I caught this 5-pound 6-ounce bass today on a trap. The dying lilly pads where holding about two more degrees warmer than the rest of the lake I was fishing this afternoon. Water temps were 43-degrees in the main lake/deeper water. But the lilly pads were about 45-degrees. She hit my Rapala (I think it's called a one knocker) trap that was being fished in less than 5ft. of water.
This was the only hit/bite I had. And I'm glad she didn't put up much of a fight, because she was barely hooked.

It's been a slow fall for me. And this one took a lot of effort to get landed. But at least I get to put another (over fiver) notch in my belt!!!


----------



## JamesT (Jul 22, 2005)

Awesome and well-deserved! Only the die-hards are still out...


----------



## puterdude (Jan 27, 2006)

Nice fish Jeff,glad to see you score,stay after it!


----------



## fishingredhawk (Apr 14, 2004)

Way to go Jeff! Nice looking fish.


----------



## NewbreedFishing (Apr 15, 2004)

Nice thick fish!! Awesome!!


----------



## jshbuckeye (Feb 27, 2005)

very solid looking fish good job


----------



## Gottagofishn (Nov 18, 2009)

What a Pig!.....It even makes it better when your out this time of year and hook up with somthing like that. It makes it all worthwhile.
Nice job!


----------



## FishMR. (Nov 24, 2010)

Nice fish...is the lake a secret?


----------



## I_WALL_I (Apr 27, 2006)

Very nice!! I'm about to give up on daytime eye and "go back to my roots" for bass!!


----------



## spfldbassguy (Mar 23, 2009)

Very nice hawg,gotta love it when you land a beauty like that this time of the year.


----------



## flippin fool (Apr 3, 2006)

today would be a great day to be back at it


----------



## fallen513 (Jan 5, 2010)

Great fish JnP!


----------



## Marshall (Apr 11, 2004)

Great fish, glad you could get out. Our days are numbered before the water gets hard.


----------



## Mushijobah (May 4, 2004)

Nice bass!!


----------



## skycruiser (Aug 7, 2009)

dude you totally need to ask for a new camera for christmas  just pokin some fun! nice fish as always!


----------



## WLAngler (Aug 29, 2010)

Awesome fish, I haven't been doing any fishing lately because it's deer gun season right now.


----------



## JignPig Guide (Aug 3, 2007)

skycruiser said:


> dude you totally need to ask for a new camera for christmas  just pokin some fun! nice fish as always!


Thanks everyone.

Thanks skycruiser - Actually my camera is a pretty good one. It's a 10-Megapixel. But when I put them on this site, I am unable to downsize the pic enough without diminishing the quality of the picture. I think it's called... operator error.


----------



## Hatchetman (Apr 13, 2004)

Are u sure you dont need a scale too?..that bass looks bigger than 5.6.


----------



## Mushijobah (May 4, 2004)

Hatchetman said:


> Are u sure you dont need a scale too?..that bass looks bigger than 5.6.

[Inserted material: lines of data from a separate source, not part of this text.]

-- ===== src/Plan.antt =====
-- src/storage-control-plan.ts: the values that are read and the plan that is built. A text is the list
-- of its code points.
pub mod Parse
pub mod Build
use z_s_app.Prelude.{
  ℕ, String, Bool, true, false, Option, none, some, List, [], ◌∷◌, if◌then◌else◌, codes,
}
use z_s_app.Config.Document.{JsNumber}
use z_s_app.Prefix.{codes_beq}

-- A value of the engine. `missing` is `undefined`; a value of another type is `other`.
mutual
  pub data Properties : Type 0 where
    no_properties : Properties
    property : String → Value → Properties → Properties

  pub data Elements : Type 0 where
    no_elements : Elements
    element : Value → Elements → Elements

  pub data Value : Type 0 where
    object : Properties → Value
    array : Elements → Value
    text : List ℕ → Value
    number : JsNumber → Value
    boolean : Bool → Value
    missing null other : Value

pub data ProviderType : Type 0 where
  minio r2 s3_compatible : ProviderType

pub data VaultRole : Type 0 where
  canonical hot derivative : VaultRole

pub data RetentionPolicy : Type 0 where
  permanent hot_cache_short custom : RetentionPolicy

pub data PlanAssetClass : Type 0 where
  raw_image raw_video image_derivative document : PlanAssetClass

pub data ImageFormat : Type 0 where
  webp avif jpeg png : ImageFormat

pub record VaultPlan : Type 0 where
  pub vault_id : List ℕ
  pub drive_label : List ℕ
  pub provider_type : ProviderType
  pub bucket_label : List ℕ
  pub secret_reference_id : List ℕ
  pub retention_policy : RetentionPolicy
  pub delete_after_days : Option ℕ
  pub role : VaultRole

pub record RoutePlan : Type 0 where
  pub asset_class : PlanAssetClass
  pub primary_vault_id : List ℕ
  pub replica_vault_id : Option (List ℕ)
  pub derivative_vault_id : Option (List ℕ)

pub record ImageDerivativePlan : Type 0 where
  pub derivative_id : List ℕ
  pub source_vault_id : List ℕ
  pub target_vault_id : List ℕ
  pub widths : List ℕ
  pub format : ImageFormat

pub record StorageControlPlan : Type 0 where
  pub client_id : List ℕ
  pub token_purpose : List ℕ
  pub vaults : List VaultPlan
  pub routes : List RoutePlan
  pub image_derivatives : List ImageDerivativePlan

-- the codes of StorageControlPlanError; `invalid` carries the key
pub data PlanError : Type 0 where
  invalid : String → PlanError
  duplicate_vault unknown_vault : PlanError

-- the name of one of several constants
abbrev pub named {ℓ} : {A : Type ℓ} → List (String × A) → List ℕ → Option A
named [] s = none
named ((name, v) ∷ rest) s = if codes_beq (codes name) s then some v else named rest s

Stop the presses! I think this is the first example of someone calling BS on a weight because the fish weighs MORE than the number posted!


----------



## skycruiser (Aug 7, 2009)

I'm just givin you a hard time JNP  love seeing your pics keep em comin


----------



## Bass'n Jim (Jan 29, 2009)

Nice one JigandPig. These pictures are giving me the itch to go fishing.


----------



## JignPig Guide (Aug 3, 2007)

FishMR. said:


> Nice fish...is the lake a secret?


No not really. But when it is a public lake that is under 200-acres, I rarely comment on what lake.

This lake is the second most per-acre pressured body of water that I know of in Ohio behind Hargus Creek Lake.


----------



## wtrprfr1 (May 1, 2009)

Way to go man! I had the best fishing I can remember in a long time last November. It was extremely slow this year. Can't figure it out. Great way to end the season. Come on Spring!


----------